# Tech Job Market and Salaries Analysis 

For our final project, we have selected the Stack Overflow Developer Survey dataset, 
which contains detailed responses from developers regarding their job roles, skills, 
technologies used, and salary information. This dataset is particularly relevant to the 
tech industry, which is a major focus of our group, and will provide insights into the tech 
job market by collecting responses from developers worldwide. It covers various topics 
such as job roles, salary, coding activities, education, technology usage, and job 
satisfaction.<br>

Team Eyy<br>
Members:  
- Julianne Kristine D. Aban 
- Derich Andre G. Arcilla 
- Jennifer Bendoy 
- Richelle Ann C. Candidato 
- Marc Francis B. Gomolon 
- Phoebe Kae A. Plasus

##### Data Preparation

LOADING DATA SET & LIBRARIES

In [188]:
import pandas as pd
import numpy as np
import re

# Load the dataset
df = pd.read_csv('survey_results_filtered.csv')

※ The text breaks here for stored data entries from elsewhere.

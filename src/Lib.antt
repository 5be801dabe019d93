-- ===== src/Lib.antt =====
-- The governance core of jacu, a harness for coding agents. A mission is given a risk and a ceremony
-- (MissionCompile) and is routed to a host profile under a budget (ModelControl), with a context pack
-- that fits (ContextLedger); its nodes run in the order of a flow's edges (Orchestration) and write
-- within their scopes (Scope); its commands run only as an allow-list lets them (Verify); its run is
-- recorded (RunState), and its changes are applied without a person only under a policy and a review
-- receipt (Workspace).
--
-- ModelControl (internal/modelcontrol):
--   ModelControl/Complexity  complexity.go, `Classify`
--   ModelControl/Dial        dial.go
--   ModelControl/Cost        cost.go, cost traces and the mission ledger
--   ModelControl/Breaker     resilience.go, the circuit breaker as a state machine over its calls
--   ModelControl/Escalation  resilience.go, `EscalationPolicy`
--   ModelControl/Profile     route.go and the rest of resilience.go: attestation, routing, the
--                            demotion bias and the guarded call
-- Scope (internal/scope/scope.go): the one write-scope verdict. `Scope/Verdicts` is about single
-- paths, `Scope/Disjoint` and `Scope/Lists` about scope lists that share a wave.
--
-- RunState (internal/runstate/state.go): the record of a run. `RunState/Lifecycle` has the status
-- machine, `RunState/Ids` the ids, `RunState/Store` the directory of run files with `Save`, `Load`
-- and `Delete`, and `RunState/Listing` the listing. A failing step of the file system is a flag of
-- the operation. encoding/json is an argument: what it makes of a run is read again with the same schema
-- version, id, status and creation time.
--
-- Workspace (internal/capability/workspace): the decisions in front of an automatic apply.
--   Workspace/Policy   policy.go, validation and `EvaluateAutoApplyPolicy`
--   Workspace/Receipt  receipt.go, review receipts: signed, written once, consumed once; the HMAC
--                      is a parameter, and a failing step of the file system a flag
--
-- MissionCompile (internal/capability/missioncompile, risk.go and ceremony.go): the risk and the
-- ceremony of a mission; the tables of Unicode are an argument.
--
-- Orchestration (internal/capability/orchestration): a flow of nodes and edges.
--   Orchestration/Flow        graph.go, the flow as it is submitted
--   Orchestration/Condition   graph.go, `parseCondition`
--   Orchestration/Validation  graph.go, `Validate`, the lint in front of a run
--   Orchestration/Schedule    graph.go, `ScheduleWaves`
--   Orchestration/Edges       engine.go, `edgeDecision`, `policyStops` and `fanOutFinding`
--   Orchestration/Resolve     engine.go, `resolveNode` and `resolveValue`
--   Orchestration/Routing     route.go, `RouteNode`, over the parts of ModelControl
--   Orchestration/Engine      engine.go, `Execute`: Engine/Waves has the loop over the waves,
--                             Engine/Walk the walk of a flow with a cycle, Engine/Execute both behind
--                             validation and schedule
-- The executor of nodes, the clock, the digests of binaries and cancellation are a host's and depend
-- on a world that the executor changes. The goroutines of a wave run one after the other, in an order
-- that the host chooses; nothing is said of steps of two executors that interleave.
--
-- Verify (internal/capability/verify): the commands of a mission.
--   Verify/Allowlist  allowlist.go, `Check` and the list that `New` composes
--   Verify/Paths      path/filepath as exec.go uses it
--   Verify/Runner     exec.go, the lookup of a program, its environment, and `Run`
--   Verify/Tail       exec.go, `tailBuffer`
--   Verify/Commands   core.go, `ExecuteCommands` and `aggregate`
-- The operating system and what prepares a batch (`LoadConfig`, `runnerFor`, the digests) are the host's.
--
-- ContextLedger (internal/capability/ledger/decide.go): which items of a context pack go out.
--
-- Base holds lists, texts, order, sorting and integers that the components share.
--
-- Texts are native strings; Go's `uint` types are numbers, with the wrap-around written out where
-- the code adds or multiplies; `int` values that may be negative are integers.
-- What the host supplies, the signature verifier and the invoker, is an argument. Loops are structural
-- recursion over the lists that the code ranges over. The loop `for len(ready) > 0` of the scheduler
-- has as much fuel as there are nodes: each round takes one node out of the ready list, and a node is
-- ready once. The walk of a cycle has the bound on its steps that the code gives it.
--
-- Not modelled: the pipelines that run git and other processes, file walking, the protocol adapter,
-- rendering and telemetry, which are effects of the host; and the decoders of policy files, the lint of
-- missions and programs, and the capabilities for clarity, memory, storage and specification documents.
pub mod Base
pub mod MissionCompile
pub mod Verify
pub mod ModelControl
pub mod Scope
pub mod RunState
pub mod Workspace
pub mod Orchestration
pub mod ContextLedger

CLEANING CODE OF EXPERIENCE

In [189]:
# Cleaning Years of Experience YearsCode(overall coding experience) && YearsCodePro (coding experience as a professional)

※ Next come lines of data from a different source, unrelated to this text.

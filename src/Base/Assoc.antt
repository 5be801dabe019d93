-- ===== src/Base/Assoc.antt =====
-- Go maps with text keys, as lists of entries. A key is written in place, so keys stay distinct.
use jacu_harness.Base.{
  ◌≡◌, refl, String, Option, none, some, List, [], ◌∷◌, arith, eq_iff, if◌then◌else◌, ◌==◌,
  String-comparable,
}

module _ {V : Type 0} where
  -- `m[key]`, with the second result of the read
  unfoldable pub find : List (String × V) → String → Option V
  find [] key = none
  find ((k, v) ∷ m) key = if k == key then some v else find m key

  -- `m[key] = value`
  unfoldable pub put : List (String × V) → String → V → List (String × V)
  put [] key value = (key, value) ∷ []
  put ((k, v) ∷ m) key value = if k == key then (k, value) ∷ m else (k, v) ∷ put m key value

  -- `delete(m, key)`
  unfoldable pub drop_key : List (String × V) → String → List (String × V)
  drop_key [] key = []
  drop_key ((k, v) ∷ m) key = let rest = drop_key m key in if k == key then rest else (k, v) ∷ rest

  -- A read after a write: the value written at the key, and what was there at any other.
  pub find-put :
      (m : List (String × V)) (key other : String) (value : V)
      → find (put m key value) other ≡ (if key == other then some value else find m other)
  unfolding find put
  find-put [] key other value = refl
  find-put ((k, v) ∷ m) key other value =
      ground (arith, eq_iff k key, eq_iff k other, eq_iff key other, find-put m key other value)

  pub find-drop_key :
      (m : List (String × V)) (key other : String)
      → find (drop_key m key) other ≡ (if key == other then none else find m other)
  unfolding find drop_key
  find-drop_key [] key other = ground arith
  find-drop_key ((k, v) ∷ m) key other =
      ground (arith, eq_iff k key, eq_iff k other, eq_iff key other, find-drop_key m key other)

# Step 1: Replace 'NA' strings with NaN
df.replace('NA', pd.NA, inplace=True)

# Step 2: Convert 'YearsCode' and 'YearsCodePro' columns to numeric, 
# forcing errors to NaN for any other non-numeric values
df['YearsCode'] = pd.to_numeric(df['YearsCode'], errors='coerce')
df['YearsCodePro'] = pd.to_numeric(df['YearsCodePro'], errors='coerce')

# Step 3: Impute missing values with the mean of each column
df['YearsCode'] = df['YearsCode'].fillna(df['YearsCode'].mean())
df['YearsCodePro'] = df['YearsCodePro'].fillna(df['YearsCodePro'].mean())

# Round the results to whole numbers (integers)
df['YearsCode'] = df['YearsCode'].round().astype(int)
df['YearsCodePro'] = df['YearsCodePro'].round().astype(int)

# Print the cleaned DataFrame with the two columns
# print(df[['YearsCode', 'YearsCodePro']])

CLEANING EDUCATION LEVEL

In [190]:
# Clean the EdLevel column:
# - Remove text in parentheses (e.g., "(e.g. American high school, etc.)")
# - Strip any extra spaces
df['EdLevel'] = df['EdLevel'].apply(lambda x: re.sub(r'\(.*\)', '', str(x)).strip())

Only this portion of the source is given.